Antero cautions you that these forward-looking statements are subject to all of the risks and uncertainties, most of which are difficult to predict and many of which are beyond the Company’s control, incident to the exploration for and development, production, gathering and sale of natural gas, NGLs and oil. These risks include, but are not limited to, commodity price volatility, inflation, lack of availability of drilling and production equipment and services, environmental risks, drilling and other operating risks, regulatory changes, the uncertainty inherent in estimating natural gas and oil reserves and in projecting future rates of production, cash flow and access to capital, the timing of development expenditures, and the other risks described under the heading “Item 1A. Risk Factors” in Antero’s Annual Report on Form 10-K for the year ended December 31, 2013.

 

The SEC permits oil and gas companies to disclose probable and possible reserves in their filings with the SEC. Antero does not plan to include probable and possible reserve estimates in its filings with the SEC.  Antero has provided internally generated estimates that have not been reviewed or audited by its third party reserve engineer in this release.  Antero’s estimate of proved, probable and possible reserves is provided in this release because management believes it is useful information that is widely used by the investment community in the valuation, comparison and analysis of companies.  However, the Company notes that the SEC prohibits companies from aggregating proved, probable and possible reserves in filings with the SEC due to the different levels of certainty associated with each reserve category.

 

“EUR,” or Estimated Ultimate Recovery, refers to Antero’s internal estimates of per well hydrocarbon quantities that may be potentially recovered from a hypothetical future well completed as a producer in the area.

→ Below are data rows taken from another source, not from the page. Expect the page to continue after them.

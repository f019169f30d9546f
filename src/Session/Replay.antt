-- ===== src/Session/Replay.antt =====
-- The replay guard of `alreadyHandled`.
use lortnoc_tahc.Base.{
  ℕ, ◌/◌, ◌%◌, ◌<◌, ◌≡◌, ◌↔◌, ◌⊎◌, inl, inr, refl, Bool, true, false, ◌||◌, List, [], ◌∷◌,
  Bool-cases, list_eq, list_eq_sound, list_eq_self, Bytes, IsBytes, Text, arith,
}
use lortnoc_tahc.Frame.{FrameType, type_code}
use lortnoc_tahc.Session.{Session, hex_digit, to_hex, frame_key, has, already_handled}

-- The replay guard keys a frame by its type and its public key, and two frames share a key only if
-- they are one frame.
hex_digit-injective : (m n : ℕ) → m < 16 → n < 16 → hex_digit m ≡ hex_digit n → m ≡ n
unfolding hex_digit
hex_digit-injective m n h k e = ground arith

to_hex-injective : (bs cs : Bytes) → IsBytes bs → IsBytes cs → to_hex bs ≡ to_hex cs → bs ≡ cs
unfolding to_hex
to_hex-injective [] [] h k e = refl
to_hex-injective [] (c ∷ cs) h k e = cc
to_hex-injective (b ∷ bs) [] h k e = cc
to_hex-injective (b ∷ bs) (c ∷ cs) h k e = rw (same, to_hex-injective bs cs h.1 k.1 (ground arith))
  where
    high : b / 16 ≡ c / 16
    high = hex_digit-injective _ _ (omega arith) (omega arith) (ground arith)

    low : b % 16 ≡ c % 16
    low = hex_digit-injective _ _ (omega arith) (omega arith) (ground arith)

    same : b ≡ c
    same = omega (arith, high, low)

frame_key-injective :
    (type kind : FrameType) (p q : Bytes)
    → IsBytes p
    → IsBytes q
    → frame_key type p ≡ frame_key kind q
    → (type ≡ kind) × (p ≡ q)
unfolding frame_key type_code
frame_key-injective type kind p q h k e = (ground arith, to_hex-injective p q h k (ground arith))

pub already_handled-has :
    (s : Session) (type : FrameType) (p : Bytes)
    → (already_handled s type p).1 ≡ has s.handled_frames (frame_key type p)
unfolding already_handled
already_handled-has s type p = elim (Bool-cases (has s.handled_frames (frame_key type p))) [
  | inl old ↦ rw (old, already_handled)
  | inr new ↦ rw (new, already_handled)
]

has_equal : (fs : List Text) (j k : Text) → has fs j ≡ true → has fs k ≡ (list_eq j k || has fs k)
has_equal fs j k old = elim (Bool-cases (list_eq j k)) [
  | inl same ↦ rw same (rw (list_eq_sound j k same) at old)
  | inr other ↦ rw other
]

has-frames :
    (s : Session) (type : FrameType) (p : Bytes) (k : Text)
    → has (already_handled s type p).0.handled_frames k
      ≡ (list_eq (frame_key type p) k || has s.handled_frames k)
unfolding already_handled has
has-frames s type p k = elim (Bool-cases (has s.handled_frames (frame_key type p))) [
  | inl old ↦ rw (old, already_handled) (has_equal s.handled_frames (frame_key type p) k old)
  | inr new ↦ rw (new, already_handled)
]

-- The frame just recorded, or one recorded before.
recorded_iff :
    (type kind : FrameType) (p q : Bytes) (b : Bool)
    → IsBytes p
    → IsBytes q
    → ((list_eq (frame_key type p) (frame_key kind q) || b) ≡ true)
      ↔ (((type ≡ kind) × (p ≡ q)) ⊎ (b ≡ true))
recorded_iff type kind p q true h k = (λ e. inr refl, λ e. or_true _)
  where
    or_true : (x : Bool) → (x || true) ≡ true
    or_true true = refl
    or_true false = refl
recorded_iff type kind p q false h k = (
  λ e. inl (frame_key-injective type kind p q h k (list_eq_sound _ _ (rw or_false at e))),
  elim [ inl same ↦ rw (same.0, same.1, list_eq_self (frame_key kind q)) | inr e ↦ cc ],
)
  where
    or_false : (x : Bool) → (x || false) ≡ x
    or_false true = refl
    or_false false = refl

-- After a frame was seen the guard answers yes for a frame exactly if it is that one, or if it was
-- handled before.
pub already_handled_after :
    (s : Session) (type kind : FrameType) (p q : Bytes)
    → IsBytes p
    → IsBytes q
    → ((already_handled (already_handled s type p).0 kind q).1 ≡ true)
      ↔ (((type ≡ kind) × (p ≡ q)) ⊎ ((already_handled s kind q).1 ≡ true))
already_handled_after s type kind p q h k =
    rw
      (
        already_handled-has (already_handled s type p).0 kind q,
        has-frames s type p,
        already_handled-has s kind q,
      )
      (recorded_iff type kind p q (has s.handled_frames (frame_key kind q)) h k)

These quantities do not necessarily constitute or represent reserves within the meaning of the Society of Petroleum Engineer’s Petroleum Resource Management System or the SEC’s oil and natural gas disclosure rules.

 

Estimates of Antero’s net resource have been prepared by its internal reserve engineers and management without review by independent engineers. These estimates by their nature are more speculative than estimates of proved, probable, and possible reserves and accordingly are subject to substantially greater risk of being actually realized. Antero includes these estimates to demonstrate what it believes to be the potential for future drilling and production by the company. Ultimate recoveries will be dependent upon numerous factors including actual encountered geological conditions, the impact of future oil and gas pricing, exploration and development costs, and Antero’s future drilling decisions and budgets based upon its future evaluation of risk, returns and the availability of capital and, in many areas, the outcome of negotiation of drilling arrangements with holders of adjacent or fractional interest leases. Estimates of net resource and other figures may change significantly as development of Antero’s resource plays provide additional data and therefore actual quantities that may ultimately be recovered will likely differ materially from these estimates.”

 

This release provides a summary of Antero’s reserves as of June 30, 2014, assuming ethane “rejection”.  Ethane rejection occurs when ethane is left in the wellhead natural gas stream when the natural gas is processed, rather than being separated out and sold as a liquid after fractionation.  When ethane is left in the gas stream, the Btu content of the residue natural gas at the outlet of the processing plant is higher.  Producers will generally elect to “reject” ethane at the processing plant when the price received for the ethane in the natural gas stream is greater than the price received for the ethane being sold as a liquid after fractionation, net of fractionation costs.  When ethane is recovered in the processing plant, the Btu content of the residue natural gas is lower, but a producer is then able to recover the value of the ethane sold as a separate natural gas liquid product.  In addition, natural gas processing plants can produce the other NGL products (propane, normal butane, isobutene and natural gasoline) while rejecting ethane.